Without multiprocess environment learning is very slow:

    n_cpu = 1 # 12
    env = PortfolioEnv(history=history, abbreviation=instruments, steps=settings['steps'], window_length=settings['window_length'], include_ta=settings['include_ta'],allow_short=settings['allow_short'], reward=settings['reward'])
    env = SubprocVecEnv([lambda: env for i in range(n_cpu)])

    class CustomPolicy(LstmPolicy):
        def __init__(self, *args, **kwargs):
            super(CustomPolicy, self).__init__(*args, **kwargs,
                                                net_arch=[1,
                                                         'lstm', 
                                                         dict(pi=[128, 128, 128, 128, 128, 128, 128, 128, 128, 128],
                                                              vf=[128, 128, 128, 128, 128, 128, 128, 128, 128, 128])],
                                                layer_norm=True, feature_extraction="mlp")                                                

    model = PPO2(CustomPolicy, env, nminibatches=1, verbose=0, tensorboard_log=settings['tensorboard_log'])
    model.learn(total_timesteps=settings['total_timesteps'])
hill-a commented 5 years ago

Without multiprocess environment learning is very slow

Yes, the point of multiprocessing is to speed up the learning.

If you want to still use multiprocessing, during prediction you can make observations with zeros except the first observation, then take the first action.

hn2 commented 5 years ago

One last question for this thread: training and predicting should always be done on the same architecture?

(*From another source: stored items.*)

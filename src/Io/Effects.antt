-- ===== src/Io/Effects.antt =====
-- What a command changes: the outside world, and the count of a device's deaths.
use scsiswap.Base.{
  ℕ, zero, suc, ◌≡◌, ◌∙◌, Bool, true, false, Option, none, some, Bytes, arith, ◌&&◌, ◌!=◌,
  if◌then◌else◌,
}
use scsiswap.Kernel.{Kernel, Command, Reply}
use scsiswap.Ring.{Ring}
use scsiswap.Ring.Refine.{IsValid}
use scsiswap.State.{World, Log, mark_dead}
use scsiswap.Io.{
  execute, finish, hd_read_sector, hd_write_sector, test_unit_round, test_unit_loop,
  hd_test_unit_ready, test_unit_end,
}

-- The log has a valid ring of 32-byte items.
pub record HasLog (l : Log) : Type 0 where
  pub ring : Ring
  pub held : l.ring ≡ some ring
  pub valid : IsValid ring
  pub sized : ring.item_size ≡ 32

-- All but the environment, `device_dead`, `changed` and the log's contents is as it was.
pub record IsCalm {E : Type 0} (w w' : World E) : Type 0 where
  pub infos : w'.core.info_list ≡ w.core.info_list
  pub head : w'.core.head ≡ w.core.head
  pub num : w'.core.info_num ≡ w.core.info_num
  pub user : w'.core.user ≡ w.core.user
  pub reserve : w'.core.sector_reserve_start ≡ w.core.sector_reserve_start
  pub head_at : w'.core.sector_head ≡ w.core.sector_head
  pub table_at : w'.core.sector_table ≡ w.core.sector_table
  pub data_at : w'.core.sector_data ≡ w.core.sector_data
  pub sim : w'.sim ≡ w.sim
  pub enable : w'.enable ≡ w.enable
  pub removable : w'.removable ≡ w.removable
  pub logs : HasLog w.log → HasLog w'.log

module _ {E : Type 0} where
  pub IsCalm-refl : (w : World E) → IsCalm w w
  IsCalm-refl w = ground arith

  pub IsCalm-trans : {u v w : World E} → IsCalm u v → IsCalm v w → IsCalm u w
  IsCalm-trans p q = record {
    infos = q.infos ∙ p.infos;
    head = q.head ∙ p.head;
    num = q.num ∙ p.num;
    user = q.user ∙ p.user;
    reserve = q.reserve ∙ p.reserve;
    head_at = q.head_at ∙ p.head_at;
    table_at = q.table_at ∙ p.table_at;
    data_at = q.data_at ∙ p.data_at;
    sim = q.sim ∙ p.sim;
    enable = q.enable ∙ p.enable;
    removable = q.removable ∙ p.removable;
    logs = λ h. q.logs (p.logs h);
  }

  -- The two cases of a test.
  pub on_elim :
      {A : Type 0} (w : World E) (b : Bool) (x y : A × World E)
      → IsCalm w x.1
      → IsCalm w y.1
      → IsCalm w (let r : A × World E = elim b [ true ↦ x | false ↦ y ] in r).1
  on_elim w true x y p q = p
  on_elim w false x y p q = q

  pub on_if :
      {A : Type 0} (w : World E) (b : Bool) (x y : A × World E)
      → IsCalm w x.1
      → IsCalm w y.1
      → IsCalm w (if b then x else y).1
  on_if w true x y p q = p
  on_if w false x y p q = q

  changed-IsCalm : (w : World E) → IsCalm w (record w { changed = true })
  changed-IsCalm w = ground arith

  pub mark_dead-IsCalm : (w : World E) → IsCalm w (mark_dead w)
  mark_dead-IsCalm w = ground arith

  finish-IsCalm : (r : Reply) (w : World E) → IsCalm w (finish r w).1
  unfolding finish
  finish-IsCalm r w = ground arith

module _ {E : Type 0} (k : Kernel E) where
  pub env-IsCalm : (w : World E) (e : E) → IsCalm w (record w { env = e })
  env-IsCalm w e = ground arith

  execute-IsCalm : (c : Command) (w : World E) → IsCalm w (execute k c w).1
  unfolding execute
  execute-IsCalm c w = env-IsCalm w _

  pub hd_read_sector-IsCalm :
      (sector num : ℕ) (buf : Option Bytes) (len timeout retries : ℕ) (w : World E)
      → IsCalm w (hd_read_sector k sector num buf len timeout retries w).1
  unfolding hd_read_sector
  hd_read_sector-IsCalm sector num none len timeout retries w = IsCalm-refl w
  hd_read_sector-IsCalm sector num (some buf) len timeout retries w = ground arith

  pub hd_write_sector-IsCalm :
      (sector num : ℕ) (buf : Option Bytes) (len timeout retries : ℕ) (w : World E)
      → IsCalm w (hd_write_sector k sector num buf len timeout retries w).1
  unfolding hd_write_sector
  hd_write_sector-IsCalm sector num none len timeout retries w = IsCalm-refl w
  hd_write_sector-IsCalm sector num (some buf) len timeout retries w = ground arith

  test_unit_round-IsCalm : (got : Bool) (w : World E) → IsCalm w (test_unit_round k got w).2
  unfolding test_unit_round
  test_unit_round-IsCalm got w = ground arith

  pub test_unit_loop-IsCalm :
      (got : Bool) (n : ℕ) (w : World E) → IsCalm w (test_unit_loop k got n w).1
  unfolding test_unit_loop
  test_unit_loop-IsCalm got zero w = test_unit_round-IsCalm got w
  test_unit_loop-IsCalm got (suc n) w =
      let (attention, r, w') = test_unit_round k got w in
      on_elim w (attention && (n != 0)) (test_unit_loop k got n w') (r, w')
        (IsCalm-trans (test_unit_round-IsCalm got w) (test_unit_loop-IsCalm got n w'))
        (test_unit_round-IsCalm got w)

  test_unit_end-IsCalm :
      (got : Bool) (r : Reply) (w : World E) → IsCalm w (test_unit_end k got r w).1
  unfolding test_unit_end
  test_unit_end-IsCalm got r w = ground arith

  pub hd_test_unit_ready-IsCalm : (w : World E) → IsCalm w (hd_test_unit_ready k w).1
  unfolding hd_test_unit_ready
  hd_test_unit_ready-IsCalm w =
      let (got, e) = k.kmalloc 8 w.env in
      let (r, w') = test_unit_loop k got 3 (record w { env = e }) in
      IsCalm-trans (env-IsCalm w e) (
        IsCalm-trans (test_unit_loop-IsCalm got 3 (record w { env = e }))
          (test_unit_end-IsCalm got r w'))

hill-a commented 5 years ago

One last question for this thread: training and predicting should always be done on the same architecture?

The save models should be computer invariante, and can switch from CPU to GPU or GPU to CPU.

hn2 commented 5 years ago

But it must be the same number of workers right?

hill-a commented 5 years ago

But it must be the same number of workers right?

correct for Reccurent models.

hn2 commented 5 years ago

Is ppo2 with one cpu worker equivalent to ppo1?

hill-a commented 5 years ago

already awnsered #365, no they are different.